__Task__. The job is to find each line of the records below that includes the word "some" and copy it.

__Supplied records__.
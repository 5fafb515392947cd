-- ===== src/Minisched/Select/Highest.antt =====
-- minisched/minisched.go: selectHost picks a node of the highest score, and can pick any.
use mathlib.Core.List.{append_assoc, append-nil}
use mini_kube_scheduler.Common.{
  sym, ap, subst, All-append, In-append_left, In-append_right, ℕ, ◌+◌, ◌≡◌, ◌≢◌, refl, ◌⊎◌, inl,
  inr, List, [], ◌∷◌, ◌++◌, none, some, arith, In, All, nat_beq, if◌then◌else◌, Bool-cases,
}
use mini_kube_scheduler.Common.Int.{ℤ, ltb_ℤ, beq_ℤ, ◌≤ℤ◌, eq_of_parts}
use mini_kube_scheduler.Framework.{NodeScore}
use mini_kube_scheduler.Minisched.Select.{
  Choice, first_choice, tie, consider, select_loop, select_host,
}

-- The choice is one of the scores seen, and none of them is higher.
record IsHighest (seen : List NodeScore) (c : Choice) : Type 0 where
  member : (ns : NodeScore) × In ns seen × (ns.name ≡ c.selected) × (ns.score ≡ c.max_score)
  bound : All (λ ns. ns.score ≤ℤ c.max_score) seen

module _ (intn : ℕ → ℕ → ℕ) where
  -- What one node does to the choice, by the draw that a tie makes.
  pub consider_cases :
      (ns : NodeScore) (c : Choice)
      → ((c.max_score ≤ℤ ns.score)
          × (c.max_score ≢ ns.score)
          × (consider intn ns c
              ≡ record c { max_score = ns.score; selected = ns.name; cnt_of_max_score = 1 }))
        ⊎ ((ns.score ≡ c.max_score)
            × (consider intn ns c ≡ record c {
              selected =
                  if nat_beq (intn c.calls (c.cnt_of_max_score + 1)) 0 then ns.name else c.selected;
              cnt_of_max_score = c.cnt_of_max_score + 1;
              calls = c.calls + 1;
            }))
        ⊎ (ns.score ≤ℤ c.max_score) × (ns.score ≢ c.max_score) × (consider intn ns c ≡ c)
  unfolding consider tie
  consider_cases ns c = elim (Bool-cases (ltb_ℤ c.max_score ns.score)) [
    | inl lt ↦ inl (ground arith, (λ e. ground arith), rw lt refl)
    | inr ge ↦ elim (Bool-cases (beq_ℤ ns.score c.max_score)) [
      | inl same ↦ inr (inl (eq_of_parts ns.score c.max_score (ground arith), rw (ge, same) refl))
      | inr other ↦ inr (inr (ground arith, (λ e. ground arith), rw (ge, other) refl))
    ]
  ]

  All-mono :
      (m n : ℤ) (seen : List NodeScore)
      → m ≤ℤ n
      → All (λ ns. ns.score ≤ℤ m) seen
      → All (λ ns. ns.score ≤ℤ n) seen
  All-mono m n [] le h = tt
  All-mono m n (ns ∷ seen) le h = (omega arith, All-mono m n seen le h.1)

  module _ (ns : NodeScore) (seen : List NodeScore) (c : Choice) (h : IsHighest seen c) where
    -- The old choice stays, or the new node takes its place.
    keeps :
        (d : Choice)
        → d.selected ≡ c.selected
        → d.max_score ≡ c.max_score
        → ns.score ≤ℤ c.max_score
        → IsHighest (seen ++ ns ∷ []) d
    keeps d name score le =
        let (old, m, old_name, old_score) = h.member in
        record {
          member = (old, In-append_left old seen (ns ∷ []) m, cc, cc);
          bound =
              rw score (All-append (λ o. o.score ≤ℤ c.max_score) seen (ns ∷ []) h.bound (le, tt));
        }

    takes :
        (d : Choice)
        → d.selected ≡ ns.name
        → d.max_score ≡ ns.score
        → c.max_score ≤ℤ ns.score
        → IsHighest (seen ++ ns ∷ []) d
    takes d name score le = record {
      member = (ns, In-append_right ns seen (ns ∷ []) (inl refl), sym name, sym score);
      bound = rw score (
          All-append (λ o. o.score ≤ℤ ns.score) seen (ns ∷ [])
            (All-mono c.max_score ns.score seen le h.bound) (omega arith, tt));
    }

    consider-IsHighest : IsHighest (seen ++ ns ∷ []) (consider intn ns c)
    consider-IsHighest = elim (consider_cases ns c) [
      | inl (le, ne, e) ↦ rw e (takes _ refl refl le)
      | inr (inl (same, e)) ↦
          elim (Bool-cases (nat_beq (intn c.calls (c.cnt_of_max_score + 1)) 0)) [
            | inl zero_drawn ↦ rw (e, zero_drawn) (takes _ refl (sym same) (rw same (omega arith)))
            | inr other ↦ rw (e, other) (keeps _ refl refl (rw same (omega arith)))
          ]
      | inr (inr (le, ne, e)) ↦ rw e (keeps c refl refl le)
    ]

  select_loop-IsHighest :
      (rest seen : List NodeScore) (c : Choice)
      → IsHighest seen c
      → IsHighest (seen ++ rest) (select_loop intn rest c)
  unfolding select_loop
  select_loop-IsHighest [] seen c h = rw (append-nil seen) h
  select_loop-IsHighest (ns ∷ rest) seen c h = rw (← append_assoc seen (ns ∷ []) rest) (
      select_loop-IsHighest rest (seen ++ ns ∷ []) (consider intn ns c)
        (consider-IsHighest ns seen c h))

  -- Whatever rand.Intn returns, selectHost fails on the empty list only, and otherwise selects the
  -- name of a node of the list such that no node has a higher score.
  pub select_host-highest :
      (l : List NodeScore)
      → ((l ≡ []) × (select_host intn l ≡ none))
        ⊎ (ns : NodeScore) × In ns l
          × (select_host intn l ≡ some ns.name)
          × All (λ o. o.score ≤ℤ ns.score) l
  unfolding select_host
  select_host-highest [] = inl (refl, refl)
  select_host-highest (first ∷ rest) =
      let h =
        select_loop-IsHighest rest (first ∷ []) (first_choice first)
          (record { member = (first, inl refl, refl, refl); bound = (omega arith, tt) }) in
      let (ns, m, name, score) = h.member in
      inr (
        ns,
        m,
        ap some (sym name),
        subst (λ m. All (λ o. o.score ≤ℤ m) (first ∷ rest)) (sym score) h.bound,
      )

__Output__.
  inr, List, [], ◌∷◌, ◌++◌, none, some, arith, In, All, nat_beq, if◌then◌else◌, Bool-cases,
          × (select_host intn l ≡ some ns.name)
        ap some (sym name),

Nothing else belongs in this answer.